===== Records supplied =====

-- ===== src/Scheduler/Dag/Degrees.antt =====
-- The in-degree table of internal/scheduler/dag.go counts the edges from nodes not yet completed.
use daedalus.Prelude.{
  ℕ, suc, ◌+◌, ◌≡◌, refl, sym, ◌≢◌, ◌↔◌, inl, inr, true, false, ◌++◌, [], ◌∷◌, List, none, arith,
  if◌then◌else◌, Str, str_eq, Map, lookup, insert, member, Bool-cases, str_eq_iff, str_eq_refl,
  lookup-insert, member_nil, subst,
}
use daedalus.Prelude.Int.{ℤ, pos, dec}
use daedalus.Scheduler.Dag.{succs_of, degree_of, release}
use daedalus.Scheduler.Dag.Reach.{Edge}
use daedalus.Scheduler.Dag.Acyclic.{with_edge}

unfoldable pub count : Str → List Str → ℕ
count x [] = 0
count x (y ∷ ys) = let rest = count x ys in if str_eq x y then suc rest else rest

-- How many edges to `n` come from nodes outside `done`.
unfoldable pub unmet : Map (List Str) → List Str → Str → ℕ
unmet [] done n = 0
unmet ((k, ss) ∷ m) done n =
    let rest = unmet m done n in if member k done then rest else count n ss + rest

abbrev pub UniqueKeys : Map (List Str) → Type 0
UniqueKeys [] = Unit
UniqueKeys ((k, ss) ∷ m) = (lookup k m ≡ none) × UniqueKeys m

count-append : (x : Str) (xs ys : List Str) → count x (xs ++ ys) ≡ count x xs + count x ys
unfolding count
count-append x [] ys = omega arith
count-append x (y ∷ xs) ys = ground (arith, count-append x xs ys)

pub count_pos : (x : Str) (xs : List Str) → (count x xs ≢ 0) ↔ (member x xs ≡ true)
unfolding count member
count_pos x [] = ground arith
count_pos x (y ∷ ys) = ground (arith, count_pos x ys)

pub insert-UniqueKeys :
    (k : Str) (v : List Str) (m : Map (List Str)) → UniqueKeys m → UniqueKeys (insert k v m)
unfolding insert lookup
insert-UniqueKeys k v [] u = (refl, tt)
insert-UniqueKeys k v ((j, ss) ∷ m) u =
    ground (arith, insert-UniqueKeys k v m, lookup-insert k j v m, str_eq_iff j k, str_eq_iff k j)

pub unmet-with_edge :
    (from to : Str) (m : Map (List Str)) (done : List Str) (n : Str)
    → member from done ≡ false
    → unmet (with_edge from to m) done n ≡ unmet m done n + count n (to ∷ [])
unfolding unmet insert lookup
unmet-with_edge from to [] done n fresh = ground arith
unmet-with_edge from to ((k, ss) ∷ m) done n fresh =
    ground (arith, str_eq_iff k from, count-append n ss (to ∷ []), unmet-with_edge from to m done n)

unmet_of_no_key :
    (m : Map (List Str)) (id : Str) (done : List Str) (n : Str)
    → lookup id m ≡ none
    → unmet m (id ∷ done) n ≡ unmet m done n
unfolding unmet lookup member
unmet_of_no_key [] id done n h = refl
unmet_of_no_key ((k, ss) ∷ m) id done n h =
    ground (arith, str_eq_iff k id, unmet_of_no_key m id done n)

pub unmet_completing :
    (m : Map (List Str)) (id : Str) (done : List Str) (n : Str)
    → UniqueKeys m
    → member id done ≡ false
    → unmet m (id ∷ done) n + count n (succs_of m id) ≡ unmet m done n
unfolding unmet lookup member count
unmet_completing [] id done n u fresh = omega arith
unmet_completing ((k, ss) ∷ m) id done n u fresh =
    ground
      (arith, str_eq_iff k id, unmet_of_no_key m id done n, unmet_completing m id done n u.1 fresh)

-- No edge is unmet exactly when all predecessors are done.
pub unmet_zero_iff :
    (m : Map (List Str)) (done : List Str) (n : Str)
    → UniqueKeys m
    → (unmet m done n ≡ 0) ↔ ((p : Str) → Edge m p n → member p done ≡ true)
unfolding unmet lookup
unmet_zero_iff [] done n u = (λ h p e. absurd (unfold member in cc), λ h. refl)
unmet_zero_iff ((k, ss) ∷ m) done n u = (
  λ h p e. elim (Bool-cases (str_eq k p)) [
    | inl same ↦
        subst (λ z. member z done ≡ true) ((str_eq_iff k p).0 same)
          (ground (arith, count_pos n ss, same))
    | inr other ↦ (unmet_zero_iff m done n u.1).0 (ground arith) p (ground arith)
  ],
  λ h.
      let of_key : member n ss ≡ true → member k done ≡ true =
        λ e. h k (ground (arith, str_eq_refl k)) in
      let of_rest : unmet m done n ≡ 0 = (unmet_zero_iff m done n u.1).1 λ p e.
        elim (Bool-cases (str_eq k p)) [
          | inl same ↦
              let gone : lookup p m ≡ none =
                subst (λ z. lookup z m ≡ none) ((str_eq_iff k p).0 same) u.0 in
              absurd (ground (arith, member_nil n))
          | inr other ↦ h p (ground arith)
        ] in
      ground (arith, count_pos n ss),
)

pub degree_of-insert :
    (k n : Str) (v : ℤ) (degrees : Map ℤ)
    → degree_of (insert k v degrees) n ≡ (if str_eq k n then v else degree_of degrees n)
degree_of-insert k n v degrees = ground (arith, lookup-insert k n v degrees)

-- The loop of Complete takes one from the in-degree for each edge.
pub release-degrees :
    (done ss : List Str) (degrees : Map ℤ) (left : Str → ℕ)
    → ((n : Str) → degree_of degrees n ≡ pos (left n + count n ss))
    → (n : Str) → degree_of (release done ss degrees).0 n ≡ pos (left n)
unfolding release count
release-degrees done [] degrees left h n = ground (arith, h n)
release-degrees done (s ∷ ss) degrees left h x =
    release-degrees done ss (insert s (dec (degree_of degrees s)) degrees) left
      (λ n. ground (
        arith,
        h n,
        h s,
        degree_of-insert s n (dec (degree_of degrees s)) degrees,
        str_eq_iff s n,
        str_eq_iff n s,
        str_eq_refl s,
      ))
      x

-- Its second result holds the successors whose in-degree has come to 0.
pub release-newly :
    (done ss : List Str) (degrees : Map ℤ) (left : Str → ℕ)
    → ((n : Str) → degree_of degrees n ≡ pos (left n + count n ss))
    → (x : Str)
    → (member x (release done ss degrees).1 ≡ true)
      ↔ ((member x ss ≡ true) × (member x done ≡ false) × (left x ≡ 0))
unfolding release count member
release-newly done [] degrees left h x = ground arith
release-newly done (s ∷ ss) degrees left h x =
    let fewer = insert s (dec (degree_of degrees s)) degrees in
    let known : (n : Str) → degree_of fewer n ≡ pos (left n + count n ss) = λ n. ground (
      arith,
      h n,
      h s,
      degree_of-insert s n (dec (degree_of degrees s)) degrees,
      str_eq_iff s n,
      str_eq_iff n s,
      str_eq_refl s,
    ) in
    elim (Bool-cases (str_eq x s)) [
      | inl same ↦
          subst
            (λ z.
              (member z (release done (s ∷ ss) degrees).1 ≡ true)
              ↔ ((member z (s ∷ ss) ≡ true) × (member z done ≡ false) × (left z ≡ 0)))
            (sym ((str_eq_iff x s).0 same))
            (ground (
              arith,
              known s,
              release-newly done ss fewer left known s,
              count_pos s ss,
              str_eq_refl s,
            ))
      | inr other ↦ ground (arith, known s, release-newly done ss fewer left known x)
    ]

=====

Look through the entries above. Copy out every line holding the word "none".

  ℕ, suc, ◌+◌, ◌≡◌, refl, sym, ◌≢◌, ◌↔◌, inl, inr, true, false, ◌++◌, [], ◌∷◌, List, none, arith,
UniqueKeys ((k, ss) ∷ m) = (lookup k m ≡ none) × UniqueKeys m
    → lookup id m ≡ none
              let gone : lookup p m ≡ none =
                subst (λ z. lookup z m ≡ none) ((str_eq_iff k p).0 same) u.0 in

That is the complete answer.